Willpower enables you to control the choices you make, and high-glycaemic foods can sometimes be the right choice. If you’re feeling exhausted at the end of a long working day and dinner is two hours away, a bar of chocolate can sustain you (if your goal is to quit chocolate, ignore the last sentence!).

If you’re approaching the end of a long drive, a pit stop for coffee and something sweet may be the right choice.

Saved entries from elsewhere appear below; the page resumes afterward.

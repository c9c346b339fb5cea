-- ===== src/Base/Text.antt =====
-- Go's `strings` functions, by recursion on the characters of a text.
use Prim.Native.Nat.{ℕ, compare, Ordering}
use Prim.Native.Char.{Char, code}
use Prim.Native.String.{String, [], ◌∷◌}
use mathlib.Core.Bool.{Bool, true, false, ◌&&◌, ◌||◌}
use mathlib.Core.List.{List}
use mathlib.Core.Path.{◌≡◌, refl}
use mathlib.Core.Option.{Option, none, some}
use kubesphere_schedule.Base.Tests.{eqb, leb, is_some, if◌then◌else◌}

abbrev pub is_char : ℕ → Char → Bool
is_char n c = eqb (code c) n

abbrev pub is_empty : String → Bool
is_empty [] = true
is_empty (c ∷ s) = false

-- Puts a character on the first part.
abbrev pub on_head : Char → List String → List String
on_head c List.[] = List.◌∷◌ (c ∷ []) List.[]
on_head c (List.◌∷◌ p ps) = List.◌∷◌ (c ∷ p) ps

-- `strings.Split(s, sep)` at a separator of one character.
unfoldable pub split : ℕ → String → List String
split sep [] = List.◌∷◌ "" List.[]
split sep (c ∷ s) =
    let parts = split sep s in if is_char sep c then List.◌∷◌ "" parts else on_head c parts

-- The text before the first `sep` and the text behind it, if there is one: `strings.Index` and
-- two slices, or `strings.SplitN(s, sep, 2)`.
unfoldable pub cut : (Char → Bool) → String → String × Option (Char × String)
cut p [] = ("", none)
cut p (c ∷ s) =
    let (before, rest) = cut p s in if p c then ("", some (c, s)) else (c ∷ before, rest)

unfoldable pub trim_left : (Char → Bool) → String → String
trim_left p [] = ""
trim_left p (c ∷ s) = let rest = trim_left p s in if p c then rest else c ∷ s

unfoldable pub trim_right : (Char → Bool) → String → String
trim_right p [] = ""
trim_right p (c ∷ s) = let rest = trim_right p s in if p c && is_empty rest then "" else c ∷ rest

-- `strings.TrimFunc`; with one character it is `strings.Trim(s, "c")`.
unfoldable pub trim : (Char → Bool) → String → String
unfolding trim_left trim_right
trim p s = trim_right p (trim_left p s)

-- `unicode.IsSpace`.
pub is_space : Char → Bool
is_space c =
    (leb 9 (code c) && leb (code c) 13)
    || is_char 0x20 c
    || is_char 0x85 c
    || is_char 0xa0 c
    || is_char 0x1680 c
    || (leb 0x2000 (code c) && leb (code c) 0x200a)
    || is_char 0x2028 c
    || is_char 0x2029 c
    || is_char 0x202f c
    || is_char 0x205f c
    || is_char 0x3000 c

unfoldable pub trim_space : String → String
unfolding trim is_space
trim_space s = trim is_space s

-- `HasPrefix` with `TrimPrefix`: what stands behind the prefix.
unfoldable pub strip_prefix : String → String → Option String
strip_prefix [] s = some s
strip_prefix (a ∷ p) [] = none
strip_prefix (a ∷ p) (c ∷ s) = if eqb (code a) (code c) then strip_prefix p s else none

-- `HasSuffix` with `TrimSuffix` for one character.
unfoldable pub strip_last : ℕ → String → Option String
strip_last n [] = none
strip_last n (c ∷ s) =
    let rest = strip_last n s in
    if is_empty s
    then if is_char n c then some "" else none
    else elim rest [ none ↦ none | some r ↦ some (c ∷ r) ]

-- `strings.Contains`.
unfoldable pub contains : String → String → Bool
unfolding strip_prefix
contains [] sub = is_some (strip_prefix sub "")
contains (c ∷ s) sub = is_some (strip_prefix sub (c ∷ s)) || contains s sub

-- `strings.Compare(a, b) > 0`; UTF-8 keeps the order of the characters.
unfoldable pub after : String → String → Bool
after [] t = false
after (a ∷ s) [] = true
after (a ∷ s) (b ∷ t) =
    let rest = after s t in
    elim (compare (code a) (code b)) [
      | Ordering.lt ↦ false
      | Ordering.gt ↦ true
      | Ordering.eq ↦ rest
    ]

-- The first text in front of the second, by recursion on the first.
abbrev pub join : String → String → String
join [] t = t
join (c ∷ s) t = c ∷ join s t

pub is_empty-eq : (s : String) → is_empty s ≡ true → s ≡ ""
is_empty-eq [] h = refl
is_empty-eq (c ∷ s) h = cc
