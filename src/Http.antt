-- ===== src/Http.antt =====
-- The part of net/http's request that the handlers read: a header is a map from canonical keys to
-- the first value, and the query string is kept raw, as `URL.RawQuery` does.
use kubesphere_schedule.Base.{
  String, List, [], ◌∷◌, Option, none, some, ◌==◌, lookup, insert, if◌then◌else◌,
}

pub record HttpRequest : Type 0 where
  pub method : String
  pub path : String
  pub raw_query : String
  pub header : List (String × String)
  pub remote_addr : String

-- `URL.Query()`, `net.SplitHostPort`, `strings.ToLower`, and `URL.String()` of a request's URL, which
-- are not modelled.
pub record UrlLib : Type 0 where
  pub parse_query : String → List (String × List String)
  pub split_host_port : String → Option String
  pub to_lower : String → String
  pub url_string : HttpRequest → String

abbrev pub or_empty : Option String → String
or_empty none = ""
or_empty (some s) = s

-- `Header.Get`.
unfoldable pub header_get : String → List (String × String) → String
unfolding lookup
header_get key header = or_empty (lookup key header)

-- `Header.Del`.
unfoldable pub header_del : String → List (String × String) → List (String × String)
header_del key [] = []
header_del key ((k, v) ∷ header) =
    let rest = header_del key header in if k == key then rest else (k, v) ∷ rest

-- `Header.Set`.
unfoldable pub header_set : String → String → List (String × String) → List (String × String)
unfolding insert
header_set key value header = insert key value header

abbrev pub values_or_nil : Option (List String) → List String
values_or_nil none = []
values_or_nil (some vs) = vs

-- `query[key]`, empty if the key is absent.
unfoldable pub query_values : String → List (String × List String) → List String
unfolding lookup
query_values key query = values_or_nil (lookup key query)

abbrev pub first_or_empty : List String → String
first_or_empty [] = ""
first_or_empty (v ∷ vs) = v

-- `query.Get(key)`.
unfoldable pub query_get : String → List (String × List String) → String
unfolding query_values
query_get key query = first_or_empty (query_values key query)
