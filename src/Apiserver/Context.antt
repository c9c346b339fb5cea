-- ===== src/Apiserver/Context.antt =====
-- pkg/apiserver/request/context.go. `U` are users and `E` audit events; a nil interface or pointer is
-- `none`.
use kubesphere_schedule.Http.{or_empty}
use kubesphere_schedule.Base.{
  ◌≡◌, ◌∷◌, ◌==◌, true, some, refl, none, if◌then◌else◌, false, ap, [], String, Option, List, Bool,
}

-- The keys have a type of their own, so no key of another package is one of them.
pub data Key : Type 0 where
  namespace_key user_key audit_key audiences_key : Key
  foreign_key : String → Key

pub data Value (U E : Type 0) : Type 0 where
  text : String → Value U E
  user : Option U → Value U E
  event : Option E → Value U E
  other : Value U E

-- `context.TODO`, and `context.WithValue` of a parent.
pub data Ctx (U E : Type 0) : Type 0 where
  todo : Ctx U E
  derived : Ctx U E → Key → Value U E → Ctx U E

-- A write into a context; a sequence of them has the last one first.
pub data Write (U E : Type 0) : Type 0 where
  namespace_write : String → Write U E
  user_write : Option U → Write U E
  event_write : Option E → Write U E

-- What a context holds: its namespace, user and event.
abbrev pub Contents : Type 0 → Type 0 → Type 0
Contents U E = Option String × Option U × Option E

abbrev pub same_key : Key → Key → Bool
same_key namespace_key namespace_key = true
same_key user_key user_key = true
same_key audit_key audit_key = true
same_key audiences_key audiences_key = true
same_key (foreign_key a) (foreign_key b) = a == b
same_key a b = false

module _ {U E : Type 0} where
  -- `ctx.Value`.
  unfoldable pub value_of : Ctx U E → Key → Option (Value U E)
  value_of todo key = none
  value_of (derived parent k v) key =
      let outer = value_of parent key in if same_key k key then some v else outer

  unfoldable pub new_context : Ctx U E
  new_context = todo

  unfoldable pub with_value : Ctx U E → Key → Value U E → Ctx U E
  with_value parent key val = derived parent key val

  unfoldable pub with_namespace : Ctx U E → String → Ctx U E
  unfolding with_value
  with_namespace parent namespace = with_value parent namespace_key (text namespace)

  unfoldable pub new_default_context : Ctx U E
  unfolding new_context with_namespace
  new_default_context = with_namespace new_context "default"

  abbrev pub as_text : Option (Value U E) → Option String
  as_text (some (text s)) = some s
  as_text v = none

  unfoldable pub namespace_from : Ctx U E → Option String
  unfolding value_of
  namespace_from ctx = as_text (value_of ctx namespace_key)

  unfoldable pub namespace_value : Ctx U E → String
  unfolding namespace_from
  namespace_value ctx = or_empty (namespace_from ctx)

  unfoldable pub with_user : Ctx U E → Option U → Ctx U E
  unfolding with_value
  with_user parent u = with_value parent user_key (user u)

  abbrev pub as_user : Option (Value U E) → Option U
  as_user (some (user u)) = u
  as_user v = none

  unfoldable pub user_from : Ctx U E → Option U
  unfolding value_of
  user_from ctx = as_user (value_of ctx user_key)

  unfoldable pub with_audit_event : Ctx U E → Option E → Ctx U E
  unfolding with_value
  with_audit_event parent ev = with_value parent audit_key (event ev)

  abbrev pub as_event : Option (Value U E) → Option E
  as_event (some (event ev)) = ev
  as_event v = none

  unfoldable pub audit_event_from : Ctx U E → Option E
  unfolding value_of
  audit_event_from ctx = as_event (value_of ctx audit_key)

  abbrev pub written : List (Write U E) → Ctx U E → Ctx U E
  written [] ctx = ctx
  written (namespace_write s ∷ writes) ctx = with_namespace (written writes ctx) s
  written (user_write u ∷ writes) ctx = with_user (written writes ctx) u
  written (event_write ev ∷ writes) ctx = with_audit_event (written writes ctx) ev

  abbrev pub contents : Ctx U E → Contents U E
  contents ctx = (namespace_from ctx, user_from ctx, audit_event_from ctx)

  -- The same writes on three variables.
  abbrev pub assigned : List (Write U E) → Contents U E → Contents U E
  assigned [] c = c
  assigned (namespace_write s ∷ writes) c = (some s, (assigned writes c).1, (assigned writes c).2)
  assigned (user_write u ∷ writes) c = ((assigned writes c).0, u, (assigned writes c).2)
  assigned (event_write ev ∷ writes) c = ((assigned writes c).0, (assigned writes c).1, ev)

  -- A context refines three variables: what is read behind any sequence of writes is what the same
  -- writes leave in variables for the namespace, the user and the audit event.
  pub contents-written :
      (writes : List (Write U E)) (ctx : Ctx U E)
      → contents (written writes ctx) ≡ assigned writes (contents ctx)
  unfolding with_namespace with_user with_audit_event with_value namespace_from user_from
      audit_event_from value_of
  contents-written [] ctx = refl
  contents-written (namespace_write s ∷ writes) ctx =
      ap (λ c. (some s, c.1, c.2)) (contents-written writes ctx)
  contents-written (user_write u ∷ writes) ctx =
      ap (λ c. (c.0, u, c.2)) (contents-written writes ctx)
  contents-written (event_write ev ∷ writes) ctx =
      ap (λ c. (c.0, c.1, ev)) (contents-written writes ctx)
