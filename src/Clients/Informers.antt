-- ===== src/Clients/Informers.antt =====
-- pkg/informers/informers.go and null_informers.go. `X` are clients, where `none` is a nil interface,
-- `I` are factories of informers, and `W` is the state that `Start` of a library's factory changes.
-- The generated factories are parameters.
use kubesphere_schedule.Base.{
  ◌≡◌, ◌∷◌, ◌++◌, some, none, is_some, if◌then◌else◌, arith, [], Option, List,
}

-- `NewSharedInformerFactory` of each library, with the resync period; the one of the extensions may
-- be given nil. `start` is a factory's `Start`.
pub record InformerLib (X I W : Type 0) : Type 0 where
  pub kubernetes : X → I
  pub schedule : X → I
  pub apiextensions : X → I
  pub dynamic : X → I
  pub crane : X → I
  pub extensions : Option X → I
  pub start : I → W → W

pub record InformerFactories (I : Type 0) : Type 0 where
  pub informer_factory : Option I
  pub schedule_informer_factory : Option I
  pub apiextensions_informer_factory : Option I
  pub extensions_informer_factory : Option I
  pub dynamic_informer_factory : Option I
  pub crane_informer : Option I

-- The arguments of `NewInformerFactories`.
pub record Clientset (X : Type 0) : Type 0 where
  pub client : Option X
  pub schedule_client : Option X
  pub ext_client : Option X
  pub crane_client : Option X
  pub apiextensions_client : Option X
  pub dynamic_client : Option X

module _ {X I W : Type 0} (lib : InformerLib X I W) where
  abbrev pub map_some : (X → I) → Option X → Option I
  map_some f none = none
  map_some f (some x) = some (f x)

  unfoldable pub new_informer_factories : Clientset X → InformerFactories I
  new_informer_factories c = record {
    informer_factory = map_some lib.kubernetes c.client;
    schedule_informer_factory = map_some lib.schedule c.schedule_client;
    apiextensions_informer_factory = map_some lib.apiextensions c.apiextensions_client;
    dynamic_informer_factory = map_some lib.dynamic c.dynamic_client;
    crane_informer = map_some lib.crane c.crane_client;
    extensions_informer_factory =
        if is_some c.client then some (lib.extensions c.ext_client) else none;
  }

  abbrev pub start_some : Option I → W → W
  start_some none w = w
  start_some (some i) w = lib.start i w

  unfoldable pub start_factories : InformerFactories I → W → W
  start_factories f w =
      let w1 = start_some f.informer_factory w in
      let w2 = start_some f.schedule_informer_factory w1 in
      let w3 = start_some f.apiextensions_informer_factory w2 in
      let w4 = start_some f.extensions_informer_factory w3 in
      let w5 = start_some f.dynamic_informer_factory w4 in start_some f.crane_informer w5

  abbrev pub start_all : List I → W → W
  start_all [] w = w
  start_all (i ∷ is) w = start_all is (lib.start i w)

  abbrev pub made : (X → I) → Option X → List I
  made f none = []
  made f (some x) = f x ∷ []

  -- What `Start` starts behind `NewInformerFactories`: the factory of each client that is given, in
  -- the order Kubernetes, schedule, API extensions, extensions, dynamic, crane; that of the
  -- extensions exactly where the Kubernetes client is given, over an extensions client or nil.
  pub start_factories-starts :
      (c : Clientset X) (w : W)
      → start_factories (new_informer_factories c) w
        ≡ start_all
            (made lib.kubernetes c.client
              ++ (made lib.schedule c.schedule_client
                  ++ (made lib.apiextensions c.apiextensions_client
                      ++ (made (λ x. lib.extensions c.ext_client) c.client
                          ++ (made lib.dynamic c.dynamic_client
                              ++ made lib.crane c.crane_client)))))
            w
  unfolding start_factories new_informer_factories
  start_factories-starts c w = ground arith

-- `nullInformerFactory` over two fake factories: the others are nil, and `Start` starts none.
unfoldable pub new_null_informer_factory : {I : Type 0} → I → I → InformerFactories I
new_null_informer_factory fake_k8s fake_schedule = record {
  informer_factory = some fake_k8s;
  schedule_informer_factory = some fake_schedule;
  apiextensions_informer_factory = none;
  extensions_informer_factory = none;
  dynamic_informer_factory = none;
  crane_informer = none;
}

unfoldable pub start_null : {I W : Type 0} → InformerFactories I → W → W
start_null f w = w
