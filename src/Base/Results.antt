-- ===== src/Base/Results.antt =====
-- A call that gives a value or an error: Go's pair `(value, err)` where the value is not read beside
-- an error.
use mathlib.Core.Path.{◌≡◌, refl}
use Prim.Native.String.{String}

pub data Result {ℓ} (A : Type ℓ) : Type ℓ where
  ok : A → Result A
  failed : String → Result A

infixl 5 ◌>>=◌
abbrev pub ◌>>=◌ {ℓ κ} : {A : Type ℓ} {B : Type κ} → Result A → (A → Result B) → Result B
ok a >>= f = f a
failed e >>= f = failed e

-- What is known of two calls of which the second succeeds.
module _ {ℓ κ} {A : Type ℓ} {B : Type κ} (next : A → Result B) where
  pub >>=-succeeds :
      (first : Result A) (value : B)
      → (first >>= next) ≡ ok value
      → (a : A) × (next a ≡ ok value) × (first ≡ ok a)
  >>=-succeeds (failed e) value h = cc
  >>=-succeeds (ok a) value h = (a, h, refl)
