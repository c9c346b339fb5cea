-- ===== src/Clients/Reflect.antt =====
-- pkg/utils/reflectutils/reflect.go. A value behind an `interface{}` is what reflection tells of it;
-- `V` are the values of fields and elements, which can be compared and are exported.
use kubesphere_schedule.Base.{
  ◌≡◌, ◌∷◌, true, returned, refl, panicked, if◌then◌else◌, false, arith, any, [], Outcome, List,
  Bool,
}

-- A pointer to a struct is the list of its fields. `other_pointer` points to no struct, `other_nilable`
-- is a map, slice, channel or function that is not nil, and `plain` has a kind that cannot be nil, as
-- has no value at all.
pub data Argument (V : Type 0) : Type 0 where
  nil_value : Argument V
  struct_pointer : List V → Argument V
  other_pointer other_nilable plain : Argument V

module _ {V : Type 0} (is_zero : V → Bool) (assignable : V → V → Bool) where
  -- The loop over the fields of the left struct. `Field` panics behind the last field of the right
  -- one, `Set` with a value of another type.
  unfoldable pub override_fields : List V → List V → Outcome (List V)
  override_fields [] newer = returned []
  override_fields (old ∷ olds) [] = panicked
  override_fields (old ∷ olds) (value ∷ newer) =
      let rest = override_fields olds newer in
      if is_zero value
      then elim rest [ returned fields ↦ returned (old ∷ fields) | panicked ↦ panicked ]
      else if assignable value old
      then elim rest [ returned fields ↦ returned (value ∷ fields) | panicked ↦ panicked ]
      else panicked

  -- `IsNil` panics on a plain value; a left struct beside a pointer to something else panics too.
  unfoldable pub override : Argument V → Argument V → Outcome (Argument V)
  unfolding override_fields
  override plain right = panicked
  override nil_value right = returned nil_value
  override left plain = panicked
  override left nil_value = returned left
  override (struct_pointer olds) (struct_pointer newer) = elim (override_fields olds newer) [
    | returned fields ↦ returned (struct_pointer fields)
    | panicked ↦ panicked
  ]
  override (struct_pointer []) other_pointer = returned (struct_pointer [])
  override (struct_pointer (old ∷ olds)) other_pointer = panicked
  override other_pointer (struct_pointer newer) = panicked
  override other_pointer other_pointer = panicked
  override left other_nilable = returned left
  override other_nilable right = returned other_nilable

  -- The field that stays.
  abbrev pub later_field : V → V → V
  later_field old value = if is_zero value then old else value

  abbrev pub later_fields : List V → List V → List V
  later_fields [] newer = []
  later_fields (old ∷ olds) [] = []
  later_fields (old ∷ olds) (value ∷ newer) = later_field old value ∷ later_fields olds newer

  -- Two structs of one type: as many fields, and each value fits the field at its place.
  abbrev pub HasOneType : List V → List V → Type 0
  HasOneType [] [] = Unit
  HasOneType (a ∷ olds) (b ∷ newer) = (assignable b a ≡ true) × HasOneType olds newer
  HasOneType olds newer = ⊥

  pub override_fields-returns :
      (olds newer : List V)
      → HasOneType olds newer
      → override_fields olds newer ≡ returned (later_fields olds newer)
  unfolding override_fields
  override_fields-returns [] [] h = refl
  override_fields-returns [] (b ∷ newer) h = refl
  override_fields-returns (a ∷ olds) [] h = elim h [ ]
  override_fields-returns (a ∷ olds) (b ∷ newer) (fits, h) =
      ground (arith, override_fields-returns olds newer h)

-- The container of `In`: `reflect.TypeOf(nil)` has no kind.
pub data Container (V : Type 0) : Type 0 where
  no_container other_kind : Container V
  elements keys : List V → Container V

module _ {V : Type 0} (same : V → V → Bool) where
  unfoldable pub is_in : V → Container V → Outcome Bool
  is_in value no_container = panicked
  is_in value other_kind = returned false
  is_in value (elements vs) = returned (any (λ v. same v value) vs)
  is_in value (keys vs) = returned (any (λ v. same v value) vs)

A boost of glucose may help sustain your willpower for the last leg of the journey, and reduce the likelihood of you getting a speeding ticket because of poor control over your speed – an example of willpower failure.

Maintaining willpower increases the energy demands on your brain. Glucose, a product of carbohydrates, is your brain’s favourite energy source. By carefully choosing foods that release glucose over relatively shorter or longer periods – typically ranging from 15 to 20 minutes to perhaps 1 to 2 hours – you give your brain what it needs to take on and win the willpower challenge!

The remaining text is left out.